# Thermometer



## Chefmjg4635 (Aug 12, 2021)

I am looking at getting a new meat thermometer. Since ny char broil wants to read 200 degrees, when its bot even in the meat. Would like to get a Bluetooth thermometer. Any suggestions on a good one
                           Mike


----------



## SmokinEdge (Aug 12, 2021)

Ink bird is a sponsor here. They make quality therms.


----------



## bigfurmn (Aug 12, 2021)

Go one step further... Inkbird wifi thermometer. Check the temp of meat even when you have to run up the road for last minute items. Had mine almost a year. I love it.
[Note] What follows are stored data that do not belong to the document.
-- ===== src/Example/Routes/Steps.antt =====
-- What a request does to the server of examples/minimal/main.go, in steps of the library's own.
use google_photos_picker.Base.{ℤ, ℕ, String, ◌≡◌, ◌≢◌, refl, ap, ◌∙◌, List, [], ◌∷◌, eq_iff}
use google_photos_picker.Errors.{other}
use google_photos_picker.Exec.{Result, err}
use google_photos_picker.System.{System}
use google_photos_picker.OAuth.{Oauth2}
use google_photos_picker.Stores.{Metadata}
use google_photos_picker.Picker.{Readers}
use google_photos_picker.Client.{World}
use google_photos_picker.Handlers.{Handlers, Reply, callback, query_value}
use google_photos_picker.Handlers.Access.{
  Operation, connecting, reading, disconnecting, creating, polling, looking, importing, serve,
  serve-unauthorized,
}
use google_photos_picker.Service.{Event, served, called_back, after_event, run}
use google_photos_picker.Example.Routes.{
  HttpRequest, resolve_user, Route, to_connect, to_callback, to_status, to_disconnect, to_sessions,
  to_session, to_import, to_health, redirected, nowhere, route, SessionCall, import_of, poll_of,
  not_allowed, session_call, incoming, session_route, session_answer, import_route, handle,
  dispatch, serve_all,
}

module _ {T J X : Type 0} (sys : System X) (lib : Oauth2 X) (readers : Readers) (h : Handlers T J X)
    (envelope : List ℕ → Result Metadata) where
  -- What a request does: an operation for a user, the callback, or nothing.
  data Does (r : HttpRequest X) (w w' : World T J X) : Type 0 where
    operates :
        (op : Operation sys lib readers h) (id : String)
        → w' ≡ (serve sys lib readers h op (incoming sys lib readers h envelope r id) w).1
        → Does r w w'
    calls_back :
        route r.path ≡ to_callback
        → w' ≡ (callback sys lib readers h (incoming sys lib readers h envelope r "") w).1
        → Does r w w'
    nothing : w' ≡ w → Does r w w'

  module _ (r : HttpRequest X) (w : World T J X) where
    session_answer-Does :
        (call : SessionCall) → Does r w (session_answer sys lib readers h envelope call r w).1
    unfolding serve
    session_answer-Does (import_of id) = operates (importing envelope) id refl
    session_answer-Does (poll_of id) = operates polling id refl
    session_answer-Does not_allowed = nothing refl

    handle-Does :
        (to : Route) → route r.path ≡ to → Does r w (handle sys lib readers h envelope to r w).1
    unfolding handle serve session_route import_route
    handle-Does to_connect at = operates connecting "" refl
    handle-Does to_callback at = calls_back at refl
    handle-Does to_status at = operates reading "" refl
    handle-Does to_disconnect at = operates disconnecting "" refl
    handle-Does to_sessions at = operates creating "" refl
    handle-Does to_session at = session_answer-Does (session_call r.method r.path)
    handle-Does to_import at = operates looking _ refl
    handle-Does to_health at = nothing refl
    handle-Does redirected at = nothing refl
    handle-Does nowhere at = nothing refl

    dispatch-Does : Does r w (dispatch sys lib readers h envelope r w).1
    unfolding dispatch
    dispatch-Does = handle-Does (route r.path) refl

    -- A request that names no user changes nothing, on any path but the callback's: no store, no state, no call
    -- to Google or to the database.
    pub dispatch-nobody :
        query_value r.query "user" ≡ ""
        → route r.path ≢ to_callback
        → (dispatch sys lib readers h envelope r w).1 ≡ w
    unfolding resolve_user
    dispatch-nobody missing elsewhere = go _ dispatch-Does
      where
        nobody : resolve_user r.query ≡ err (other "missing ?user= parameter")
        nobody = rw ((eq_iff (query_value r.query "user") "").1 missing) refl

        go : (w' : World T J X) → Does r w w' → w' ≡ w
        go w' (operates op id e) =
            e
            ∙ ap (λ (o : Reply × World T J X). o.1)
                (serve-unauthorized sys lib readers h op (incoming sys lib readers h envelope r id)
                  _ w nobody)
        go w' (calls_back at e) = absurd (elsewhere at)
        go w' (nothing e) = e

  -- Whatever requests come in, the server takes steps of the library's own: what the requests do to its
  -- world is what some run of operations for users and callbacks does.
  serve_all-run :
      (poll_interval job_timeout : ℤ) (rs : List (HttpRequest X)) (w : World T J X)
      → (es : List (Event sys lib readers h poll_interval job_timeout)) × (serve_all sys lib readers
            h envelope rs w
          ≡ run sys lib readers h poll_interval job_timeout es w)
  unfolding serve_all run after_event
  serve_all-run poll_interval job_timeout [] w = ([], refl)
  serve_all-run poll_interval job_timeout (r ∷ rs) w =
      let w' = (dispatch sys lib readers h envelope r w).1 in
      let (es, later) = serve_all-run poll_interval job_timeout rs w' in
      go w' (dispatch-Does r w) es later
    where
      go :
          (w' : World T J X)
          → Does r w w'
          → (es : List (Event sys lib readers h poll_interval job_timeout))
          → serve_all sys lib readers h envelope rs w'
            ≡ run sys lib readers h poll_interval job_timeout es w'
          → (es : List (Event sys lib readers h poll_interval job_timeout)) × (serve_all sys lib
                readers h envelope rs w'
              ≡ run sys lib readers h poll_interval job_timeout es w)
      go w' (operates op id e) es later = (
        served op (incoming sys lib readers h envelope r id) ∷ es,
        later ∙ ap (run sys lib readers h poll_interval job_timeout es) e,
      )
      go w' (calls_back at e) es later = (
        called_back (incoming sys lib readers h envelope r "") ∷ es,
        later ∙ ap (run sys lib readers h poll_interval job_timeout es) e,
      )
      go w' (nothing e) es later =
          (es, later ∙ ap (run sys lib readers h poll_interval job_timeout es) e)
Also check with Miya (Inkbird on here) in a direct message, she might have a coupon code for you!


----------



## chef jimmyj (Aug 13, 2021)

This seems like a good deal...JJ






						Hi there, I'd like to share the Bluetooth Grill BBQ Meat Thermometer & Instant Read Thermometer IHT-1P with you.
					

Key features: 1. Bluetooth Control & Instant Read 2. The BBQ digital thermometer IBT-4XS (Temp Range：32° F ~ 572 ° F )and Instant Read Thermometer IHT-1P （ Temp Range：-58℉ ~ 572℉）. Calibration from-5℉~5℉ with high accuracy ± 1℃/±2℉ & Temp range of -58℉ ~ 572℉. 3. The Bluetooth smoker thermometer...




					www.smokingmeatforums.com


----------



## Kaug23 (Aug 13, 2021)

Inkbird WIFI definitely.   My first brisket, I was watching it like a hawk while driving my wife to Costco. Got back to the house as it reached 205, not a minute to spare.


----------